+++ Records to process
-- ===== src/Socket/Proto/Arrive.antt =====
-- A message that one transport sends arrives at another, however it is cut into pieces.
use lz_lib.Base.{
  ℕ, ◌+◌, ◌<◌, ◌≤◌, ◌≡◌, ◌≢◌, ◌⊎◌, inl, inr, refl, sym, ap, subst, ◌∙◌, Bool, false, none, some,
  List, ◌++◌, map, length, ok, arith, ◌==◌, if◌then◌else◌,
}
use mathlib.Core.List.{append_assoc}
use lz_lib.Base.Int.{ℤ, pos, negsuc, eqb_ℤ}
use lz_lib.Socket.Vec.{range, length-range}
use lz_lib.Socket.Streams.{map-append}
use lz_lib.Socket.Proto.{
  Proto, nada, header_coming, header_came, data_coming, data_came, complete, proto_index, Incoming,
  Ops, socket_proto_state_machine,
}
use lz_lib.Socket.Proto.Sound.{stored, Serves, Sound}
use lz_lib.Socket.Proto.Turns.{append-parts, length-map, Zero}
use lz_lib.Socket.Proto.Receive.{proto_loop-Received}
use lz_lib.Socket.Queue.{message_header}
use lz_lib.Socket.Queue.Message.{length-message_header, validate_header-message_header}

Zero-early : (s : Proto) (ret : ℤ) → s ≢ complete → s ≢ data_came → Zero s ret
Zero-early nada ret a b = tt
Zero-early header_coming ret a b = tt
Zero-early header_came ret a b = tt
Zero-early data_coming ret a b = tt
Zero-early data_came ret a b = absurd (b refl)
Zero-early complete ret a b = absurd (a refl)

fresh_loop : (s : Proto) → eqb_ℤ (negsuc 0) (pos (proto_index s)) ≡ false
fresh_loop s = ground arith

module _ {World : Type 0} (ops : Ops World) (in_flight : World → List ℕ)
    (interrupts : World → ℕ) where
  -- The message is in memory, and nothing behind it is taken.
  pub record Arrived (buf payload more : List ℕ) (i : Incoming) (w : World) : Type 0 where
    pub hdrlen : i.hdrlen ≡ length buf
    pub header_data : stored ops in_flight interrupts w (range i.hdr_p (length buf)) ≡ buf
    pub buflen : i.buflen ≡ length payload
    pub buffer_data : stored ops in_flight interrupts w (range i.buf_p (length payload)) ≡ payload
    pub buffer : i.iobuf ≡ (if length payload == 0 then none else some i.buf_p)
    pub behind : in_flight w ≡ more

  -- What was in flight: a message, and what is behind it.
  abbrev pub OnTheWay : Bool → List ℕ → List ℕ → List ℕ → Incoming → World → Type 0
  OnTheWay sender buf payload more i w =
      Sound ops in_flight interrupts (message_header sender (length buf) (length payload))
        (buf ++ (payload ++ more)) (length buf) (length payload) i.state i w

  Sound-Arrived :
      (sender : Bool) (buf payload more : List ℕ) (i : Incoming) (w : World)
      → i.state ≡ complete
      → OnTheWay sender buf payload more i w
      → Arrived buf payload more i w
  Sound-Arrived sender buf payload more i w at sound =
      let h = message_header sender (length buf) (length payload) in
      let body = buf ++ (payload ++ more) in
      let (placed, sum) =
        subst
          (λ s.
            Sound ops in_flight interrupts (message_header sender (length buf) (length payload))
              (buf ++ (payload ++ more)) (length buf) (length payload) s i w)
          at sound in
      let xs = range i.hdr_p (length buf) in
      let ys = range i.buf_p (length payload) in
      let whole : map (ops.mem w) xs ++ (map (ops.mem w) ys ++ in_flight w)
          ≡ buf ++ (payload ++ more) =
        sym (
          ap (λ t. t ++ in_flight w) (map-append (ops.mem w) xs ys)
          ∙ append_assoc (map (ops.mem w) xs) (map (ops.mem w) ys) (in_flight w))
        ∙ sum in
      let (first, rest) =
        append-parts (map (ops.mem w) xs) buf (map (ops.mem w) ys ++ in_flight w) (payload ++ more)
          whole (length-map (ops.mem w) xs ∙ length-range i.hdr_p (length buf)) in
      let (second, behind) =
        append-parts (map (ops.mem w) ys) payload (in_flight w) more rest
          (length-map (ops.mem w) ys ∙ length-range i.buf_p (length payload)) in
      record {
        hdrlen = placed.0;
        header_data = first;
        buflen = placed.1;
        buffer_data = second;
        buffer = placed.2;
        behind = behind;
      }

  -- A message that a transport sends, of 1 to 1048576 bytes of header data and at most 131072 bytes of payload, at any stage
  -- of its way before its data are all there, on a target of either byte order, with a `readv` that takes bytes in order or
  -- fails and takes none, an allocator and a pool that give memory nothing else uses, and enough rounds for the bytes and
  -- the interrupts: a call of `socket_proto_state_machine` ends, whatever pieces the kernel delivers. It returns 0 exactly
  -- if the message is complete, and then the data are in memory as they were sent, and no byte behind the message is
  -- taken. Otherwise the message is still on its way, with what came in its place.
  pub socket_proto_state_machine-Arrived :
      (sender little : Bool) (buf payload more : List ℕ) (fuel : ℕ) (i : Incoming) (w : World)
      → Serves ops in_flight interrupts
      → 0 < length buf
      → length buf ≤ 1048576
      → length payload ≤ 131072
      → 12 + length buf + length payload + interrupts w < fuel
      → i.state ≢ complete
      → i.state ≢ data_came
      → OnTheWay sender buf payload more i w
      → (ret : ℤ) × (i' : Incoming) × (w' : World) × (socket_proto_state_machine ops little fuel i w
          ≡ ok (ret, i', w'))
        × (((ret ≡ pos 0) × (i'.state ≡ complete) × Arrived buf payload more i' w')
            ⊎ ((ret ≢ pos 0) × (i'.state ≢ complete) × OnTheWay sender buf payload more i' w'))
        × (interrupts w' ≤ interrupts w)
  unfolding socket_proto_state_machine
  socket_proto_state_machine-Arrived sender little buf payload more fuel i w law some_bytes a b
        enough open_yet early sound =
      let l = length buf in
      let p = length payload in
      let (out, run, (kept, value, calm)) =
        proto_loop-Received ops in_flight interrupts law little
          (message_header sender (length buf) (length payload)) (buf ++ (payload ++ more))
          (length buf) (length payload) fuel 6 (negsuc 0) (negsuc 0) i w sound
          (Zero-early i.state (negsuc 0) open_yet early) (omega arith) (fresh_loop i.state)
          (length-message_header sender l p)
          (validate_header-message_header sender little l p some_bytes a b) b (omega arith) in
      (
        out.0,
        out.1,
        out.2,
        run,
        elim value [
          | inl (z, done) ↦
              inl (z, done, Sound-Arrived sender buf payload more out.1 out.2 done kept)
          | inr (z, yet) ↦ inr (z, yet, kept)
        ],
        calm,
      )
++++++
## Work task
Lines holding "buflen" in the data above: copy each of them.

## Exercise answer
    pub buflen : i.buflen ≡ length payload
        buflen = placed.1;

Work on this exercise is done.